I have gone out 4 times now and done pretty well!

1st time out i drove 4 hours almost hit a cow elk on the way to our spot... 
we ended up shooting 2 ringnecks and a young hen widgeon (no pics)

after that i talked to another guy who said he had a spot to go... he said it was his 1st year hunting ducks and his 1st time out he did real well.... 
he got one hen mallard:lol:
I was like oh boy.... but i was desperate to hunt! so i said lets do this... 

ended up with a steller morning! we limited out by 11 or so and should have been limited out earlier...
here is one pic of them..

me and my new hunting buddy Kyle with out limit of ducks









we had this whole area to ourselves on private land and since it was a weekend i kept asking... are you sure we can hunt this... i dont want to be getting in trouble and blah blah blah (we were right next to a spot where you had to call for reservations)

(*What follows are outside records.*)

-- ===== src/Runtime/Totals.antt =====
-- The numbers of records that an execution reports (internal/runtime/pipeline.go, executeOutput and
-- executeOutputWithResult).
use cannectors.Prelude.{
  ℕ, ◌≡◌, ◌⊎◌, inl, inr, refl, Bool, true, false, not, ◌&&◌, Option-cases, Option, none, some, List,
  [], ◌∷◌, ◌++◌, Text, codes, length, is_some, if◌then◌else◌, ok, err,
}
use cannectors.Value.{Value, Fields}
use cannectors.ErrHandling.Classify.{GoError}
use cannectors.Persistence.Config.{PersistenceConfig, State}
use cannectors.Runtime.Types.{
  Event, sent, saved, output_closed, Trace, RetryInfo, Input, Output, Executor, Pipeline,
  ExecutionResult,
}
use cannectors.Runtime.Failure.{wrap_error}
use cannectors.Runtime.Stages.{
  FilterResult, OutputResult, difference, connect_output, fetch_input, without_input, close_input,
  reserve_metadata_field, last_id_of, execute_filters, execute_dry_run_preview, execute_output,
}
use cannectors.Runtime.Execute.{
  Answer, new_error_result, with_retry_info, setup_state_persistence, close_output, after_output,
  after_filters, with_preview, output_retry_info, after_fetch, after_connect,
  execute_pipeline_stages, finish, run_valid, refuse, validated, execute_with_context,
}

-- The event is one of the trace's.
abbrev pub Happened : Event → Trace → Type 0
Happened ev [] = ⊥
Happened ev (x ∷ tr) = (x ≡ ev) ⊎ Happened ev tr

Happened-left : (ev : Event) (tr tr' : Trace) → Happened ev tr → Happened ev (tr ++ tr')
Happened-left ev [] tr' h = absurd h
Happened-left ev (x ∷ tr) tr' (inl e) = inl e
Happened-left ev (x ∷ tr) tr' (inr h) = inr (Happened-left ev tr tr' h)

Happened-last : (ev : Event) (tr : Trace) → Happened ev (tr ++ (ev ∷ []))
Happened-last ev [] = inl refl
Happened-last ev (x ∷ tr) = inr (Happened-last ev tr)

-- Some list of records was sent, and the result counts those of them that were not sent as failed.
abbrev pub AddsUp : ExecutionResult → Trace → Type 0
AddsUp r tr =
    (rs : List Fields) × Happened (sent rs) tr
    × (r.records_failed ≡ difference (length rs) r.records_processed)

-- an executor that sends: not a dry run, and with an output
abbrev Sends : Executor → Type 0
Sends e = (e.dry_run ≡ false) × ((o : Output) × (e.output ≡ some o))

-- an output's answer that counts the records that were not sent as failed
abbrev Sent : List Fields → OutputResult × Trace → Type 0
Sent rs a = Happened (sent rs) a.1 × (a.0.records_failed ≡ difference (length rs) a.0.records_sent)

execute_output-Sent :
    (e : Executor) (rs : List Fields) (tr : Trace) → Sends e → Sent rs (execute_output e rs tr)
unfolding execute_output
execute_output-Sent e rs tr (wet, (o, present)) =
    rw (wet, present, execute_output) (Happened-last (sent rs) tr, refl)

module _ (sanitize : Text → Text) (format_float : ℕ → Text) (format_any : Value → Text) where
  with_retry_info-AddsUp :
      (f : Option (Trace → Option RetryInfo)) (tr : Trace) (r : ExecutionResult) (o : OutputResult)
      (rs : List Fields)
      → Sent rs (o, tr)
      → AddsUp
          (record (with_retry_info f tr r) {
            records_processed = o.records_sent;
            records_failed = o.records_failed;
          })
          tr
  with_retry_info-AddsUp f tr r o rs h = (rs, h.0, h.1)

  after_output-AddsUp :
      (e : Executor) (f : Option (Trace → Option RetryInfo)) (r : ExecutionResult)
      (id : Option Text) (tr : Trace) (o : OutputResult) (x : GoError) (rs : List Fields)
      → Sent rs (o, tr)
      → let a = after_output sanitize format_float format_any e f r id tr o x in
        a.error ≡ [] → AddsUp a.result a.trace
  unfolding after_output wrap_error
  after_output-AddsUp e f r id tr o [] rs h done = with_retry_info-AddsUp f tr r o rs h
  after_output-AddsUp e f r id tr o (x ∷ xs) rs h done = absurd cc

  after_filters-AddsUp :
      (e : Executor) (p : Pipeline) (r : ExecutionResult) (id : Option Text) (q : FilterResult)
      → Sends e
      → let a = after_filters sanitize format_float format_any e p r id q in
        a.error ≡ [] → AddsUp a.result a.trace
  unfolding after_filters wrap_error
  after_filters-AddsUp e p r id (err (i, x), tally, tr) s done = absurd cc
  after_filters-AddsUp e p r id (ok rs, tally, tr) s done =
      let v = execute_dry_run_preview e p rs tr in
      let o = execute_output e rs v.1 in
      let counted =
        with_preview sanitize format_float format_any e.dry_run v.0
          (record r { error_counts = tally }) in
      let retry = output_retry_info sanitize format_float format_any e.output in
      after_output-AddsUp e retry counted id o.1 o.0 o.0.error rs (execute_output-Sent e rs v.1 s)
        done

  without_input-Sends : (e : Executor) → Sends e → Sends (without_input e)
  unfolding without_input
  without_input-Sends e s = go e.retain_modules
    where
      go : (b : Bool) → Sends (if b then e else record e { input = none })
      go true = s
      go false = s

  after_fetch-AddsUp :
      (e : Executor) (p : Pipeline) (i : Input) (c : Option PersistenceConfig) (r : ExecutionResult)
      (q : (List Fields × GoError) × Trace)
      → Sends e
      → let a = after_fetch sanitize format_float format_any e p i c r q in
        a.error ≡ [] → AddsUp a.result a.trace
  unfolding after_fetch wrap_error
  after_fetch-AddsUp e p i c r ((rs, []), tr) s done =
      let raw = reserve_metadata_field rs in
      after_filters-AddsUp (without_input e) p (with_retry_info i.retry_info tr r)
        (last_id_of format_float format_any c raw)
        (execute_filters 0 e.filters (close_input e tr) [] raw) (without_input-Sends e s) done
  after_fetch-AddsUp e p i c r ((rs, x ∷ xs), tr) s done = absurd cc

  after_connect-AddsUp :
      (e : Executor) (p : Pipeline) (i : Input) (c : Option PersistenceConfig) (r : ExecutionResult)
      (q : GoError × Trace)
      → Sends e
      → let a = after_connect sanitize format_float format_any e p i c r q in
        a.error ≡ [] → AddsUp a.result a.trace
  unfolding after_connect
  after_connect-AddsUp e p i c r ([], tr) s done =
      after_fetch-AddsUp e p i c r (fetch_input i tr) s done
  after_connect-AddsUp e p i c r (x ∷ xs, tr) s done = absurd cc

  saved-Happened :
      (ev : Event) (id : Text) (s : Option State) (tr : Trace)
      → Happened ev tr
      → Happened ev (elim s [ none ↦ tr | some t ↦ tr ++ (saved id t ∷ []) ])
  saved-Happened ev id none tr h = h
  saved-Happened ev id (some t) tr h = Happened-left ev tr (saved id t ∷ []) h

  finish-AddsUp :
      (start now : ℕ) (p : Pipeline) (c : Option PersistenceConfig) (e : Executor)
      (id : Option Text) (r : ExecutionResult) (tr : Trace) (x : GoError)
      → (x ≡ [] → AddsUp r tr)
      → let a = finish sanitize format_float format_any start now p c e id r tr x in
        a.error ≡ [] → AddsUp a.result a.trace
  unfolding finish
  finish-AddsUp start now p c e id r tr [] h done =
      let (rs, happened, failed) = h refl in
      (rs, saved-Happened (sent rs) p.id _ tr happened, failed)
  finish-AddsUp start now p c e id r tr (x ∷ xs) h done = absurd cc

  close_output-AddsUp :
      (e : Executor) (a : Answer)
      → (a.error ≡ [] → AddsUp a.result a.trace)
      → (close_output e a).error ≡ []
      → AddsUp (close_output e a).result (close_output e a).trace
  unfolding close_output
  close_output-AddsUp e a h = go (is_some e.output && not e.retain_modules)
    where
      closed : Bool → Answer
      closed b = if b then record a { trace = a.trace ++ (output_closed ∷ []) } else a

      go : (b : Bool) → (closed b).error ≡ [] → AddsUp (closed b).result (closed b).trace
      go true done =
          let (rs, happened, failed) = h done in
          (rs, Happened-left (sent rs) a.trace _ happened, failed)
      go false done = h done

  setup-Sends :
      (e : Executor) (p : Pipeline) (i : Input) → Sends e → Sends (setup_state_persistence e p i).0
  unfolding setup_state_persistence
  setup-Sends e p i s = elim (Option-cases i.persistence) [
    | inl absent ↦ rw (absent, setup_state_persistence) s
    | inr (none, present) ↦ rw (present, setup_state_persistence) s
    | inr (some c, present) ↦ rw (present, setup_state_persistence) s
  ]

  run_valid-AddsUp :
      (start now : ℕ) (e : Executor) (p : Pipeline) (i : Input)
      → Sends e
      → let a = run_valid sanitize format_float format_any start now e p i in
        a.error ≡ [] → AddsUp a.result a.trace
  unfolding run_valid execute_pipeline_stages
  run_valid-AddsUp start now e p i s done =
      let u = setup_state_persistence e p i in
      let r = record new_error_result { pipeline_id = p.id } in
      let c = connect_output u.0 u.2 in
      let a = after_connect sanitize format_float format_any u.0 p i u.1 r c in
      close_output-AddsUp e _
        (finish-AddsUp start now p u.1 a.executor a.last_id a.result a.trace a.error
          (after_connect-AddsUp u.0 p i u.1 r c (setup-Sends e p i s)))
        done

  validated-AddsUp :
      (start now : ℕ) (e : Executor) (p : Pipeline) (i : Option Input) (o : Option Output)
      → Sends e
      → let a = validated sanitize format_float format_any start now e p i o in
        a.error ≡ [] → AddsUp a.result a.trace
  unfolding validated refuse
  validated-AddsUp start now e p none o s done = absurd cc
  validated-AddsUp start now e p (some i) o s done = go (not (is_some o) && not e.dry_run) done
    where
      answer : Bool → Answer
      answer b =
          if b
          then refuse sanitize format_float format_any e (codes "output")
              (codes "output module is nil")
          else run_valid sanitize format_float format_any start now e p i

      go : (b : Bool) → (answer b).error ≡ [] → AddsUp (answer b).result (answer b).trace
      go true d = absurd cc
      go false d = run_valid-AddsUp start now e p i s d

  -- An execution with an output that is no dry run and returns no error has sent a list of records, and
  -- the records that it reports as failed are those of the list that it does not report as processed.
  pub execute_with_context-AddsUp :
      (start now : ℕ) (e : Executor) (p : Option Pipeline) (o : Output)
      → e.dry_run ≡ false
      → e.output ≡ some o
      → let a = execute_with_context sanitize format_float format_any start now e p in
        a.error ≡ [] → AddsUp a.result a.trace
  unfolding execute_with_context refuse
  execute_with_context-AddsUp start now e none o wet present done = absurd cc
  execute_with_context-AddsUp start now e (some p) o wet present done =
      validated-AddsUp start now e p e.input e.output (wet, (o, present)) done
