-- ===== src/Runtime/Unreachable.antt =====
-- A destination that cannot be reached (internal/runtime/pipeline.go, connectOutput and
-- executePipelineStages).
use cannectors.Prelude.{
  ℕ, ◌≡◌, refl, sym, ap, ◌∙◌, Bool, true, false, not, ◌&&◌, Option, none, some, [], ◌∷◌, ◌++◌, Text,
  inl, inr, Option-cases, is_some, if◌then◌else◌,
}
use mathlib.Core.Path.{subst}
use cannectors.Value.{Value}
use cannectors.ErrHandling.Classify.{GoError, Link}
use cannectors.Persistence.Config.{PersistenceConfig}
use cannectors.Runtime.Types.{
  connected, output_closed, Trace, failure, Input, Output, Executor, Pipeline, ExecutionResult,
}
use cannectors.Runtime.Stages.{connect_output}
use cannectors.Runtime.Execute.{
  new_error_result, setup_state_persistence, close_output, after_connect, execute_pipeline_stages,
  finish, run_valid, validated, execute_with_context, failed_with,
}

module _ (sanitize : Text → Text) (format_float : ℕ → Text) (format_any : Value → Text) where
  -- the setup leaves the output and the mode as they are
  setup-output :
      (e : Executor) (p : Pipeline) (i : Input)
      → ((setup_state_persistence e p i).0.output ≡ e.output)
        × ((setup_state_persistence e p i).0.dry_run ≡ e.dry_run)
  unfolding setup_state_persistence
  setup-output e p i = elim (Option-cases i.persistence) [
    | inl absent ↦ rw (absent, setup_state_persistence) (refl, refl)
    | inr (none, present) ↦ rw (present, setup_state_persistence) (refl, refl)
    | inr (some c, present) ↦ rw (present, setup_state_persistence) (refl, refl)
  ]

  connect_output-answer :
      (e : Executor) (tr : Trace) (o : Output) (c : Trace → GoError)
      → e.dry_run ≡ false
      → e.output ≡ some o
      → o.connect ≡ some c
      → connect_output e tr ≡ (c tr, tr ++ (connected ∷ []))
  unfolding connect_output
  connect_output-answer e tr o c wet has can = rw (wet, has, can, connect_output) refl

  finish-failed_with :
      (start now : ℕ) (e : Executor) (p : Pipeline) (i : Input) (c : Option PersistenceConfig)
      (r : ExecutionResult) (tr : Trace) (x : Link) (xs : GoError) (a : GoError × Trace)
      → a ≡ (x ∷ xs, tr)
      → let b = after_connect sanitize format_float format_any e p i c r a in
        finish sanitize format_float format_any start now p c b.executor b.last_id b.result b.trace
          b.error
        ≡ failed_with e r (x ∷ xs) tr
  unfolding after_connect finish
  finish-failed_with start now e p i c r tr x xs a h = rw h refl

  run_valid_unreachable :
      (start now : ℕ) (e : Executor) (p : Pipeline) (i : Input) (o : Output) (c : Trace → GoError)
      (x : Link) (xs : GoError)
      → e.output ≡ some o
      → o.connect ≡ some c
      → e.dry_run ≡ false
      → c (setup_state_persistence e p i).2 ≡ x ∷ xs
      → run_valid sanitize format_float format_any start now e p i
        ≡ close_output e (
            failed_with
              (setup_state_persistence e p i).0
              (record new_error_result { pipeline_id = p.id })
              (x ∷ xs)
              ((setup_state_persistence e p i).2 ++ (connected ∷ [])))
  unfolding run_valid execute_pipeline_stages
  run_valid_unreachable start now e p i o c x xs has_output can wet fails =
      let s = setup_state_persistence e p i in
      let kept = setup-output e p i in
      let answer =
        connect_output-answer s.0 s.2 o c (kept.1 ∙ wet) (kept.0 ∙ has_output) can
        ∙ ap (λ y. (y, s.2 ++ (connected ∷ []))) fails in
      let r = record new_error_result { pipeline_id = p.id } in
      ap (close_output e) (finish-failed_with start now s.0 p i s.1 r _ x xs _ answer)

  execute_with_context-run_valid :
      (start now : ℕ) (e : Executor) (p : Pipeline) (i : Input) (o : Output)
      → e.input ≡ some i
      → e.output ≡ some o
      → execute_with_context sanitize format_float format_any start now e (some p)
        ≡ run_valid sanitize format_float format_any start now e p i
  unfolding execute_with_context validated
  execute_with_context-run_valid start now e p i o has_input has_output =
      ap (λ k. validated sanitize format_float format_any start now e p k e.output) has_input
      ∙ ap (validated sanitize format_float format_any start now e p (some i)) has_output

  close_output-failed_with :
      (e e' : Executor) (r : ExecutionResult) (x : GoError) (tr : Trace) (o : Output)
      → e.output ≡ some o
      → let a = close_output e (failed_with e' r x tr) in
        (a.trace ≡ (if e.retain_modules then tr else tr ++ (output_closed ∷ [])))
        × (a.error ≡ x)
        × (a.result ≡ r)
  unfolding close_output
  close_output-failed_with e e' r x tr o has_output =
      go (is_some e.output) e.retain_modules (ap is_some has_output)
    where
      go :
          (b k : Bool)
          → b ≡ true
          → let a = failed_with e' r x tr in
            let t =
              (if b && not k then record a { trace = a.trace ++ (output_closed ∷ []) } else a) in
            (t.trace ≡ (if k then tr else tr ++ (output_closed ∷ [])))
            × (t.error ≡ x)
            × (t.result ≡ r)
      go true true h = (refl, refl, refl)
      go true false h = (refl, refl, refl)
      go false k h = absurd cc

  -- If the output of a run that is not dry fails to connect, nothing is fetched, filtered or sent: the
  -- connection is the last thing tried before the output is closed. The error returned is the
  -- connection's own, the status is "error", and the result reports no error.
  pub execute_with_context_unreachable :
      (start now : ℕ) (e : Executor) (p : Pipeline) (i : Input) (o : Output) (c : Trace → GoError)
      (x : Link) (xs : GoError)
      → e.input ≡ some i
      → e.output ≡ some o
      → o.connect ≡ some c
      → e.dry_run ≡ false
      → c (setup_state_persistence e p i).2 ≡ x ∷ xs
      → let a = execute_with_context sanitize format_float format_any start now e (some p) in
        let tried = (setup_state_persistence e p i).2 ++ (connected ∷ []) in
        (a.trace ≡ (if e.retain_modules then tried else tried ++ (output_closed ∷ [])))
        × (a.error ≡ x ∷ xs)
        × (a.result.status ≡ failure)
        × (a.result.error ≡ none)
  execute_with_context_unreachable start now e p i o c x xs has_input has_output can wet fails =
      let s = setup_state_persistence e p i in
      let tried = s.2 ++ (connected ∷ []) in
      let r = record new_error_result { pipeline_id = p.id } in
      let runs = execute_with_context-run_valid start now e p i o has_input has_output in
      let stops = run_valid_unreachable start now e p i o c x xs has_output can wet fails in
      let closed = close_output-failed_with e s.0 r (x ∷ xs) tried o has_output in
      subst
        (λ a.
          (a.trace ≡ (if e.retain_modules then tried else tried ++ (output_closed ∷ [])))
          × (a.error ≡ x ∷ xs)
          × (a.result.status ≡ failure)
          × (a.result.error ≡ none))
        (sym (runs ∙ stops))
        (closed.0, closed.1, ap (λ q. q.status) closed.2, ap (λ q. q.error) closed.2)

sure enough i predicted it.... people from the reserved spots surrounded us the next day.... we still got our limit... and actually even faster... but it wasnt as fun... we had to take a bit longer shots because people around us were skybusting so we couldnt be as picky... 

we also didnt take a group pic... so here was my limit









the next day i went out for about an hour... and took my wife.... not the best idea i have ever had... i ended up shooting a blue wing teal... i went between like 330 and 430pm she said is it always this fun haha... not the best time of the day... 
and then we went to look at the pup we are getting... here is the teal and the pup pictures will come in the near future.. get her after November 1st!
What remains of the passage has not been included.